Completeness is obvious: this is an exact expression, and all of these notions (a), (b), (c) are exact given that *SafeReq* is. If I have an exact expression of what I need to avoid, that is as good as it can get, theoretically. This expression is dependent, of course, on the definition of the notion of *hazard*; here, following Leveson’s definition, the notion of hazard is exact, but where it is vague, any notions defined in terms of it will inherit that vagueness.

The same construction also works when we consider hazards to be global states (that is, system state + environment state), when the relevant environmental parameters are state-like. And indeed, one can bring almost any hybrid system into this construal; Leslie Lamport showed how in the nineties in the paper Hybrid Systems in TLA+. The same construction also applies if hazards are environmental states.

One can construe Hazan hereby as an attempt to determine *SafeReq* in a practical fashion. If one regards OHA as a practical approach to Hazan, as we do, then there is a suitable notion of “the best we can do, logically” at a given stage of the refinement. I assume in readers some understanding of what constitutes a formal refinement using formal languages.

Let *L.k* be the language of refinement level *k*. For *Q* in *L.k*, note that the refinement in an OHA converges to *L* (one hopes! Although for combinatorial reasons it will likely never reach it).

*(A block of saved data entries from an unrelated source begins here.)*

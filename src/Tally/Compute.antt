-- ===== src/Tally/Compute.antt =====
-- tally/ceremony/tally.go and tally/bbclient.go's pagination. JSON is a parameter: `parse_ballot` gives the
-- party vector of an encrypted ballot. The text of an error is not modelled: none is an error.
use otvoren_vot.Prelude.{
  ℕ, suc, ◌%◌, ◌^◌, true, false, List, [], ◌∷◌, ◌++◌, Option, none, some, Bytes, length, ◌==◌,
  get_elem?, lookup, nat_Eq, hex_decode,
}
use otvoren_vot.Crypto.Group.{Ristretto}
use otvoren_vot.Crypto.Elgamal.{Ciphertext, homomorphic_add, ciphertext_from_bytes, max_decrypt}
use otvoren_vot.Crypto.Threshold.{SlotContext, Partial, combine}
use otvoren_vot.Tally.State.{TallyResult, value_of, both}

pub record SerializedBallot : Type 0 where
  pub ballot_id : Bytes
  pub encrypted_ballot : Bytes

-- The loop of `FetchAllBallots`: `pages` are the answers of the board, each a page with the next
-- cursor or an error, the last of them the one where the loop ends.
unfoldable pub fetch_all_ballots :
    List SerializedBallot
    → List (Option (List SerializedBallot × Bytes))
    → Option (List SerializedBallot)
fetch_all_ballots acc [] = none
fetch_all_ballots acc (none ∷ pages) = none
fetch_all_ballots acc (some (page, cursor) ∷ pages) =
    let rest = fetch_all_ballots (acc ++ page) pages in
    elim (length cursor == 0) [ true ↦ some (acc ++ page) | false ↦ rest ]

module _ {S E : Type 0} (r : Ristretto S E) where
  unfoldable pub ciphertext_from_hex : Bytes → Option (Ciphertext E)
  ciphertext_from_hex text = both (hex_decode text) (λ b. value_of (ciphertext_from_bytes r b))

  add_to_slot : Option (Ciphertext E) → Ciphertext E → Option (Ciphertext E)
  add_to_slot none ct = some ct
  add_to_slot (some sum) ct = homomorphic_add r (sum ∷ ct ∷ [])

  -- The inner loop of `ComputeTally`; the vector and the sums have the same length.
  unfoldable pub add_vector :
      List (Option (Ciphertext E)) → List Bytes → Option (List (Option (Ciphertext E)))
  unfolding ciphertext_from_hex add_to_slot
  add_vector sums [] = some sums
  add_vector [] (text ∷ vector) = none
  add_vector (sum ∷ sums) (text ∷ vector) =
      both (ciphertext_from_hex text)
        (λ ct. both (add_vector sums vector) (λ rest. some (add_to_slot sum ct ∷ rest)))

  module _ (parse_ballot : Bytes → Option (List Bytes)) where
    -- The outer loop of `ComputeTally`.
    unfoldable pub add_ballots :
        ℕ
        → List (Option (Ciphertext E))
        → List SerializedBallot
        → Option (List (Option (Ciphertext E)))
    unfolding add_vector
    add_ballots parties sums [] = some sums
    add_ballots parties sums (b ∷ ballots) = both (parse_ballot b.encrypted_ballot) (λ vector.
        elim (length vector == parties) [
          | false ↦ none
          | true ↦ both (add_vector sums vector) (λ sums'. add_ballots parties sums' ballots)
        ])

    unfoldable pub empty_sums : List Bytes → List (Option (Ciphertext E))
    empty_sums [] = []
    empty_sums (x ∷ vector) = none ∷ empty_sums vector

    unfoldable pub compute_tally : List SerializedBallot → Option (TallyResult E)
    unfolding add_ballots empty_sums
    compute_tally [] = none
    compute_tally (first ∷ ballots) = both (parse_ballot first.encrypted_ballot) (λ vector.
        both (add_ballots (length vector) (empty_sums vector) (first ∷ ballots)) (λ sums.
          some (record {
            encrypted_sums = sums;
            num_ballots = length (first ∷ ballots);
            num_parties = length vector;
          })))

  -- partials[tidx][slot], or none where it is missing or nil.
  unfoldable pub stored_partial :
      List (ℕ × List (Option (Partial S E))) → ℕ → ℕ → Option (Partial S E)
  stored_partial partials trustee slot =
      both (lookup trustee partials) (λ tp. both (get_elem? tp slot) (λ p. p))

  -- The loop over the trustees of one slot.
  unfoldable pub slot_partials :
      List (ℕ × List (Option (Partial S E))) → ℕ → List ℕ → Option (List (Partial S E))
  unfolding stored_partial
  slot_partials partials slot [] = some []
  slot_partials partials slot (trustee ∷ trustees) =
      both (stored_partial partials trustee slot) (λ p. elim (p.trustee_index == trustee) [
        | false ↦ none
        | true ↦ both (slot_partials partials slot trustees) (λ rest. some (p ∷ rest))
      ])

  -- The loop over the slots, with the contexts and the sums of those left.
  unfoldable pub decrypt_slots :
      List (ℕ × List (Option (Partial S E)))
      → List ℕ
      → List (ℕ × E)
      → ℕ
      → ℕ
      → List SlotContext
      → List (Ciphertext E)
      → Option (List ℕ)
  unfolding slot_partials
  decrypt_slots partials trustees keys quorum slot [] sums = some []
  decrypt_slots partials trustees keys quorum slot (sc ∷ contexts) [] = some []
  decrypt_slots partials trustees keys quorum slot (sc ∷ contexts) (ct ∷ sums) =
      elim (sc.slot_index == slot % 2 ^ 32) [
        | false ↦ none
        | true ↦ both (slot_partials partials slot trustees) (λ ps.
            both (value_of (combine r sc ct ps keys quorum max_decrypt)) (λ m.
              both (decrypt_slots partials trustees keys quorum (suc slot) contexts sums)
                (λ results. some (m ∷ results))))
      ]

  unfoldable pub decrypt_tally :
      List (Ciphertext E)
      → List SlotContext
      → List (ℕ × List (Option (Partial S E)))
      → List ℕ
      → List (ℕ × E)
      → ℕ
      → Option (List ℕ)
  unfolding decrypt_slots
  decrypt_tally sums contexts partials trustees keys quorum =
      elim (length contexts == length sums) [
        | false ↦ none
        | true ↦ elim (length trustees == quorum) [
          | false ↦ none
          | true ↦ decrypt_slots partials trustees keys quorum 0 contexts sums
        ]
      ]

Let *Q.L* be the translation of *Q* in *L* (indeed, *Q.L* will normally be identical to *Q*, since we may assume that *L* includes *L.k*). Let *States(Q)* be the set of states in *L* (the language of *SafeReq*, so states-in-L are exact representations of the real states) in which *Q.L* is true.

I define: *Q* is a **sufficient safety requirement for Level k** iff *States(Q) superset-of HazSt*. *Q* is a **complete safety requirement at Level k** if *Q* is a sufficient safety requirement for Level k, and additionally *Q* implies all sufficient safety requirements for Level k.

None of this suggests practical ways to achieve or express any of these concepts. But it does show that an exact safety requirement of one’s favorite sort exists in theory, in the sense of being exactly expressible in some sufficiently rich language, for these concepts of hazard and system. It also shows that a Hazan which follows successive formal refinement, such as OHA, has a well-defined notion of sufficiency and completeness of safety requirements for each individual refinement level. Given that these notions of sufficiency and completeness are defined for each refinement level, one may inquire, formally, if one’s identified safety requirements at a given refinement level are *sufficient*, respectively *complete*.

This surely renders moot any discussion of whether completeness of safety requirements is “possible”. The question becomes whether achieving exact completeness in Hazan is practically achievable. In particular, for OHA and other refinement-based Hazan methods, the question of completeness of the safety requirements at a given refinement level is exact, and one may well take the view that it should be answered level-by-level in course of the Hazan.

I thank Daniel Jackson for helpful discussion.